Traceback (most recent call last):
  File "/workdir/code/src/project_main.py", line 144, in <module>
    main(args)
  File "/workdir/code/src/project_main.py", line 128, in main
    do_offline_evaluation=args.do_offline_evaluation)
  File "/workdir/code/src/project/estimator/train_pred_eval.py", line 123, in train
    step_loss = loss.asscalar()
  File "/usr/local/lib/python3.6/dist-packages/mxnet/ndarray/ndarray.py", line 1998, in asscalar
    return self.asnumpy()[0]
  File "/usr/local/lib/python3.6/dist-packages/mxnet/ndarray/ndarray.py", line 1980, in asnumpy
    ctypes.c_size_t(data.size)))
  File "/usr/local/lib/python3.6/dist-packages/mxnet/base.py", line 252, in check_call
    raise MXNetError(py_str(_LIB.MXGetLastError()))
mxnet.base.MXNetError: [19:09:37] src/operator/./cudnn_rnn-inl.h:710: Check failed: e == CUDNN_STATUS_SUCCESS (8 vs. 0) cuDNN: CUDNN_STATUS_EXECUTION_FAILED
Stack trace returned 10 entries:
[bt] (0) /usr/local/lib/python3.6/dist-packages/mxnet/libmxnet.so(+0x3d9c92) [0x7f15a0ac2c92]
[bt] (1) /usr/local/lib/python3.6/dist-packages/mxnet/libmxnet.so(+0x3da268) [0x7f15a0ac3268]
[bt] (2) /usr/local/lib/python3.6/dist-packages/mxnet/libmxnet.so(+0x5c50cb4) [0x7f15a6339cb4]
[bt] (3) /usr/local/lib/python3.6/dist-packages/mxnet/libmxnet.so(+0x5c52af6) [0x7f15a633baf6]
[bt] (4) /usr/local/lib/python3.6/dist-packages/mxnet/libmxnet.so(+0x33f2924) [0x7f15a3adb924]

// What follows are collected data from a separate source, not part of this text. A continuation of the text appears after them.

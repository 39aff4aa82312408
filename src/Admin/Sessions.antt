-- ===== src/Admin/Sessions.antt =====
-- Which replies of admin.go carry a session cookie, and what it opens.
use in_proxy.Common.{
  ℕ, ◌+◌, ◌-◌, ◌^◌, ◌≡◌, refl, ap, ◌∙◌, true, false, ◌&&◌, ◌||◌, not, Option, none, some, Result,
  ok, err, arith, Bool-cases, inl, inr, leb,
}
use in_proxy.Text.{Text, codes, ◌==◌}
use in_proxy.Config.Errors.{Fallible}
use in_proxy.Store.{Io}
use in_proxy.Store.Runs.{Edit, drop_site, drop_forward, drop_dnat, drop_domain}
use in_proxy.Auth.{session_ttl, cookie_value, ip_allowed, session_valid, check_password}
use in_proxy.Auth.Cookie.{session_valid-cookie_value}
use in_proxy.Auth.Issue.{SetCookie, issue_cookie, clear_cookie}
use in_proxy.Process.{Process, perform}
use in_proxy.Admin.Forms.{field, site_form, domain_form, forward_form, rule_form, delete_form}
use in_proxy.Admin.{Request, Message, Setup}
use in_proxy.Admin.Handlers.{
  Report, report_saved, report_deleted, report_forward, report_rule, is_post, has_session, Endpoint,
  login, logout, root, dashboard, save, delete, forwards, save_forward, delete_forward, dnat_page,
  save_dnat, delete_dnat, domains, save_domain, delete_domain, entry_of, answered, submit, posted,
  log_in, run_endpoint, enter, serve_mux, handle,
}

module _ {Network Address : Type 0} (setup : Setup Network Address) where
  answered-set_cookie :
      (base : Text) (report : Report) (o : Fallible (Unit {0}) × Process)
      → (answered setup base report o).0.set_cookie ≡ none
  unfolding answered
  answered-set_cookie base report (err e, p) = refl
  answered-set_cookie base report (ok u, p) = refl

  submit-set_cookie :
      (base : Text) (form : Result Message Edit) (report : Report) (io : Io) (p : Process)
      → (submit setup base form report io p).0.set_cookie ≡ none
  unfolding submit
  submit-set_cookie base (err m) report io p = refl
  submit-set_cookie base (ok e) report io p =
      answered-set_cookie base report (perform setup.world e io p)

  posted-set_cookie :
      (base : Text) (form : Result Message Edit) (report : Report) (io : Io) (req : Request)
      (p : Process)
      → (posted setup base form report io req p).0.set_cookie ≡ none
  unfolding posted
  posted-set_cookie base form report io req p = elim (Bool-cases (is_post req)) [
    | inl sent ↦ rw sent (submit-set_cookie base form report io p)
    | inr got ↦ rw got refl
  ]

  -- A cookie that is not taken away was issued for the password.
  abbrev IsEarned : ℕ → Request → Option SetCookie → Type 0
  IsEarned now req o =
      (c : SetCookie)
      → o ≡ some c
      → c.removed ≡ false
      → (is_post req ≡ true)
        × (check_password setup.auth (req.form (codes "password")) ≡ true)
        × (c ≡ issue_cookie setup.hmac setup.auth.secret now req.tls)

  IsEarned-none : (now : ℕ) (req : Request) (o : Option SetCookie) → o ≡ none → IsEarned now req o
  IsEarned-none now req o h c e = absurd (ground arith)

  not_set : {P : Type 0} (c : SetCookie) → none ≡ some c → P
  not_set c e = cc

  taken_away : {P : Type 0} (c : SetCookie) → some clear_cookie ≡ some c → c.removed ≡ false → P
  unfolding clear_cookie
  taken_away c e r =
      let same : clear_cookie ≡ c = cc in
      let removed : true ≡ c.removed = ap (λ (k : SetCookie). k.removed) same in cc

  log_in-IsEarned : (now : ℕ) (req : Request) → IsEarned now req (log_in setup now req).set_cookie
  unfolding log_in
  log_in-IsEarned now req = elim (Bool-cases (has_session setup now req)) [
    | inl known ↦ rw known (λ c e r. not_set c e)
    | inr new ↦ elim (Bool-cases (is_post req)) [
      | inr got ↦ rw new (rw got (λ c e r. not_set c e))
      | inl sent ↦ elim (Bool-cases (check_password setup.auth (req.form (codes "password")))) [
        | inr wrong ↦ rw new (rw sent (rw wrong (λ c e r. not_set c e)))
        | inl right ↦ rw new (rw sent (rw right (λ c e r. (refl, refl, cc))))
      ]
    ]
  ]

  run_endpoint-IsEarned :
      (e : Endpoint) (io : Io) (now : ℕ) (req : Request) (p : Process)
      → IsEarned now req (run_endpoint setup e io now req p).0.set_cookie
  unfolding run_endpoint
  run_endpoint-IsEarned login io now req p = log_in-IsEarned now req
  run_endpoint-IsEarned logout io now req p = λ c e r. taken_away c e r
  run_endpoint-IsEarned root io now req p = IsEarned-none now req none refl
  run_endpoint-IsEarned dashboard io now req p = IsEarned-none now req none refl
  run_endpoint-IsEarned forwards io now req p = IsEarned-none now req none refl
  run_endpoint-IsEarned dnat_page io now req p = IsEarned-none now req none refl
  run_endpoint-IsEarned domains io now req p = IsEarned-none now req none refl
  run_endpoint-IsEarned save io now req p = IsEarned-none now req _ (
      posted-set_cookie (codes "/_admin") (site_form setup.read_routes req)
        (report_saved (field req (codes "host"))) io req p)
  run_endpoint-IsEarned delete io now req p = IsEarned-none now req _ (
      posted-set_cookie (codes "/_admin") (delete_form drop_site (codes "host") req)
        (report_deleted (field req (codes "host"))) io req p)
  run_endpoint-IsEarned save_forward io now req p = IsEarned-none now req _ (
      posted-set_cookie (codes "/_admin/forwards") (forward_form req)
        (report_forward (field req (codes "name"))) io req p)
  run_endpoint-IsEarned delete_forward io now req p = IsEarned-none now req _ (
      posted-set_cookie (codes "/_admin/forwards") (delete_form drop_forward (codes "name") req)
        (report_deleted (field req (codes "name"))) io req p)
  run_endpoint-IsEarned save_dnat io now req p = IsEarned-none now req _ (
      posted-set_cookie (codes "/_admin/dnat") (rule_form req)
        (report_rule (field req (codes "name"))) io req p)
  run_endpoint-IsEarned delete_dnat io now req p = IsEarned-none now req _ (
      posted-set_cookie (codes "/_admin/dnat") (delete_form drop_dnat (codes "name") req)
        (report_deleted (field req (codes "name"))) io req p)
  run_endpoint-IsEarned save_domain io now req p = IsEarned-none now req _ (
      posted-set_cookie (codes "/_admin/domains") (domain_form setup.read_forwards req)
        (report_saved (field req (codes "host"))) io req p)
  run_endpoint-IsEarned delete_domain io now req p = IsEarned-none now req _ (
      posted-set_cookie (codes "/_admin/domains") (delete_form drop_domain (codes "host") req)
        (report_deleted (field req (codes "host"))) io req p)

  handle-IsEarned :
      (io : Io) (now : ℕ) (req : Request) (p : Process)
      → IsEarned now req (handle setup io now req p).0.set_cookie
  unfolding handle serve_mux enter
  handle-IsEarned io now req p =
      let entry = entry_of req.path in
      elim (Bool-cases (ip_allowed setup.parse_ip setup.contains setup.auth req.remote_addr)) [
        | inr refused ↦ rw refused (λ c e r. not_set c e)
        | inl allowed ↦
            elim (Bool-cases
              (req.method == codes "CONNECT" || setup.clean_path req.path == req.path)) [
                | inr unclean ↦ rw allowed (rw unclean (λ c e r. not_set c e))
                | inl clean ↦ elim (Bool-cases (entry.guarded && not (has_session setup now req))) [
                  | inl barred ↦ rw allowed (rw clean (rw barred (λ c e r. not_set c e)))
                  | inr through ↦
                      rw allowed
                        (rw clean (rw through (run_endpoint-IsEarned entry.endpoint io now req p)))
                ]
              ]
      ]

  handle-allowed :
      (io : Io) (now : ℕ) (req : Request) (p : Process) (c : SetCookie)
      → (handle setup io now req p).0.set_cookie ≡ some c
      → ip_allowed setup.parse_ip setup.contains setup.auth req.remote_addr ≡ true
  unfolding handle
  handle-allowed io now req p c e =
      elim (Bool-cases (ip_allowed setup.parse_ip setup.contains setup.auth req.remote_addr)) [
        | inl allowed ↦ allowed
        | inr refused ↦ not_set c (rw refused at e)
      ]

  -- A reply sets a session cookie, other than to take it away, only if the request came from an
  -- allowed address and posted the password; and the cookie is then a valid session for exactly the
  -- twelve hours from then on, for expiries within the range of int64.
  pub handle-set_cookie :
      (io : Io) (now : ℕ) (req : Request) (p : Process) (c : SetCookie)
      → (handle setup io now req p).0.set_cookie ≡ some c
      → c.removed ≡ false
      → leb (now + session_ttl) (2 ^ 63 - 1) ≡ true
      → (ip_allowed setup.parse_ip setup.contains setup.auth req.remote_addr ≡ true)
        × (is_post req ≡ true)
        × (check_password setup.auth (req.form (codes "password")) ≡ true)
        × ((later : ℕ)
            → session_valid setup.hmac setup.auth.secret later (some c.value)
              ≡ leb later (now + session_ttl))
  unfolding issue_cookie
  handle-set_cookie io now req p c e r b =
      let (sent, right, issued) = handle-IsEarned io now req p c e r in
      let same : c.value ≡ cookie_value setup.hmac setup.auth.secret now =
        ap (λ (k : SetCookie). k.value) issued in
      (
        handle-allowed io now req p c e,
        sent,
        right,
        λ later.
            ap (λ v. session_valid setup.hmac setup.auth.secret later (some v)) same
            ∙ session_valid-cookie_value setup.hmac setup.auth.secret now later b,
      )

[bt] (5) /usr/local/lib/python3.6/dist-packages/mxnet/libmxnet.so(mxnet::imperative::PushOperator(mxnet::OpStatePtr const&, nnvm::Op const*, nnvm::NodeAttrs const&, mxnet::Context const&, std::vector<mxnet::engine::Var*, std::allocator<mxnet::engine::Var*> > const&, std::vector<mxnet::engine::Var*, std::allocator<mxnet::engine::Var*> > const&, std::vector<mxnet::Resource, std::allocator<mxnet::Resource> > const&, std::vector<mxnet::NDArray*, std::allocator<mxnet::NDArray*> > const&, std::vector<mxnet::NDArray*, std::allocator<mxnet::NDArray*> > const&, std::vector<unsigned int, std::allocator<unsigned int> > const&, std::vector<mxnet::OpReqType, std::allocator<mxnet::OpReqType> > const&, mxnet::DispatchMode)::{lambda(mxnet::RunContext, mxnet::engine::CallbackOnComplete)#3}::operator()(mxnet::RunContext, mxnet::engine::CallbackOnComplete) const+0x361) [0x7f15a38b8791]

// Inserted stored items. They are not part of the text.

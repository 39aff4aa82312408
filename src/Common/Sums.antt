-- ===== src/Common/Sums.antt =====
-- A weight summed over a list.
use Prim.Native.Nat.{ℕ, ◌+◌}
use mathlib.Core.Path.{◌≡◌, ap}
use mathlib.Core.List.{List, [], ◌∷◌, ◌++◌}
use native.Mathlib.Omega.{arith}

module _ {A : Type 0} (weight : A → ℕ) where
  unfoldable pub total : List A → ℕ
  total [] = 0
  total (x ∷ xs) = weight x + total xs

  pub total-append : (xs ys : List A) → total (xs ++ ys) ≡ total xs + total ys
  unfolding total
  total-append [] ys = omega arith
  total-append (x ∷ xs) ys = omega (arith, total-append xs ys)

  -- One element is replaced.
  pub total-move :
      (xs before after : List A) (x y : A)
      → xs ≡ before ++ (x ∷ after)
      → total (before ++ (y ∷ after)) + weight x ≡ total xs + weight y
  unfolding total
  total-move xs before after x y h =
      omega (arith, ap total h, total-append before (x ∷ after), total-append before (y ∷ after))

[bt] (6) /usr/local/lib/python3.6/dist-packages/mxnet/libmxnet.so(std::_Function_handler<void (mxnet::RunContext), mxnet::imperative::PushOperator(mxnet::OpStatePtr const&, nnvm::Op const*, nnvm::NodeAttrs const&, mxnet::Context const&, std::vector<mxnet::engine::Var*, std::allocator<mxnet::engine::Var*> > const&, std::vector<mxnet::engine::Var*, std::allocator<mxnet::engine::Var*> > const&, std::vector<mxnet::Resource, std::allocator<mxnet::Resource> > const&, std::vector<mxnet::NDArray*, std::allocator<mxnet::NDArray*> > const&, std::vector<mxnet::NDArray*, std::allocator<mxnet::NDArray*> > const&, std::vector<unsigned int, std::allocator<unsigned int> > const&, std::vector<mxnet::OpReqType, std::allocator<mxnet::OpReqType> > const&, mxnet::DispatchMode)::{lambda(mxnet::RunContext)#4}>::_M_invoke(std::_Any_data const&, mxnet::RunContext)+0x26) [0x7f15a38b8de6]
[bt] (7) /usr/local/lib/python3.6/dist-packages/mxnet/libmxnet.so(+0x312b223) [0x7f15a3814223]

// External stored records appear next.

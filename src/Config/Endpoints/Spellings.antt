-- ===== src/Config/Endpoints/Spellings.antt =====
-- How normalizeHostPort of config.go treats the spelling of a port.
use in_proxy.Common.{ℕ, ◌≡◌, refl, Bool, true, ◌&&◌, ◌||◌, not, ◌∷◌, leb, ok, arith, require-eq-ok}
use in_proxy.Text.{Text}
use in_proxy.Text.Numbers.{atoi, atoi_leading_zero}
use in_proxy.Text.HostPort.{split_host_port, join_host_port}
use in_proxy.Text.HostPort.Laws.{AreParts, split_host_port-AreParts, split_host_port-join_host_port}
use in_proxy.Config.Errors.{missing_host, invalid_port}
use in_proxy.Config.Endpoints.{is_empty, is_port_text, normalize_parts, normalize_host_port}

zero_AreParts : (host port : Text) → AreParts host port → AreParts host (b'0' ∷ port)
zero_AreParts host port v = record {
  port_colon = (omega arith, v.port_colon);
  port_open = (omega arith, v.port_open);
  port_close = (omega arith, v.port_close);
  host_open = v.host_open;
  host_close = v.host_close;
}

-- Where an address is accepted whose port starts with a digit, the address with a zero in front of
-- the port is accepted too, and is returned with the zero.
pub normalize_host_port_leading_zero :
    (s host : Text) (c : ℕ) (p : Text) (allow : Bool) (t : Text)
    → split_host_port s ≡ ok (host, c ∷ p)
    → leb b'0' c && leb c b'9' ≡ true
    → normalize_host_port s allow ≡ ok t
    → normalize_host_port (join_host_port host (b'0' ∷ c ∷ p)) allow
      ≡ ok (join_host_port host (b'0' ∷ c ∷ p))
unfolding normalize_host_port
normalize_host_port_leading_zero s host c p allow t split digit h =
    let parts = split_host_port-AreParts host (c ∷ p) s split in
    let again =
      split_host_port-join_host_port host (b'0' ∷ c ∷ p) (zero_AreParts host (c ∷ p) parts) in
    let r : normalize_parts allow host (c ∷ p) ≡ ok t = rw split at h in
    let (named, r₁) = require-eq-ok (not (is_empty host) || allow) missing_host _ r in
    let (ported, _) = require-eq-ok (is_port_text (atoi (c ∷ p))) (invalid_port (c ∷ p)) _ r₁ in
    rw again (rw named (rw (atoi_leading_zero c p digit) (rw ported refl)))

[bt] (8) /usr/local/lib/python3.6/dist-packages/mxnet/libmxnet.so(+0x3132f64) [0x7f15a381bf64]
[bt] (9) /usr/local/lib/python3.6/dist-packages/mxnet/libmxnet.so(+0x313702b) [0x7f15a382002b]

#11

Can’t see any clues in there, but try setting the following enironment variable before running your code.

MXNET_ENGINE_TYPE=NaiveEngine

You see the error from loss.asscalar() right now but this is just because it’s a blocking operation. You could have an issue anywhere in your network. When you set this enironment variable it performs operations in serial rather than parallel, so there’s more chance you’ll see where the true error is. It’s also very slow because of this, so only use for debugging.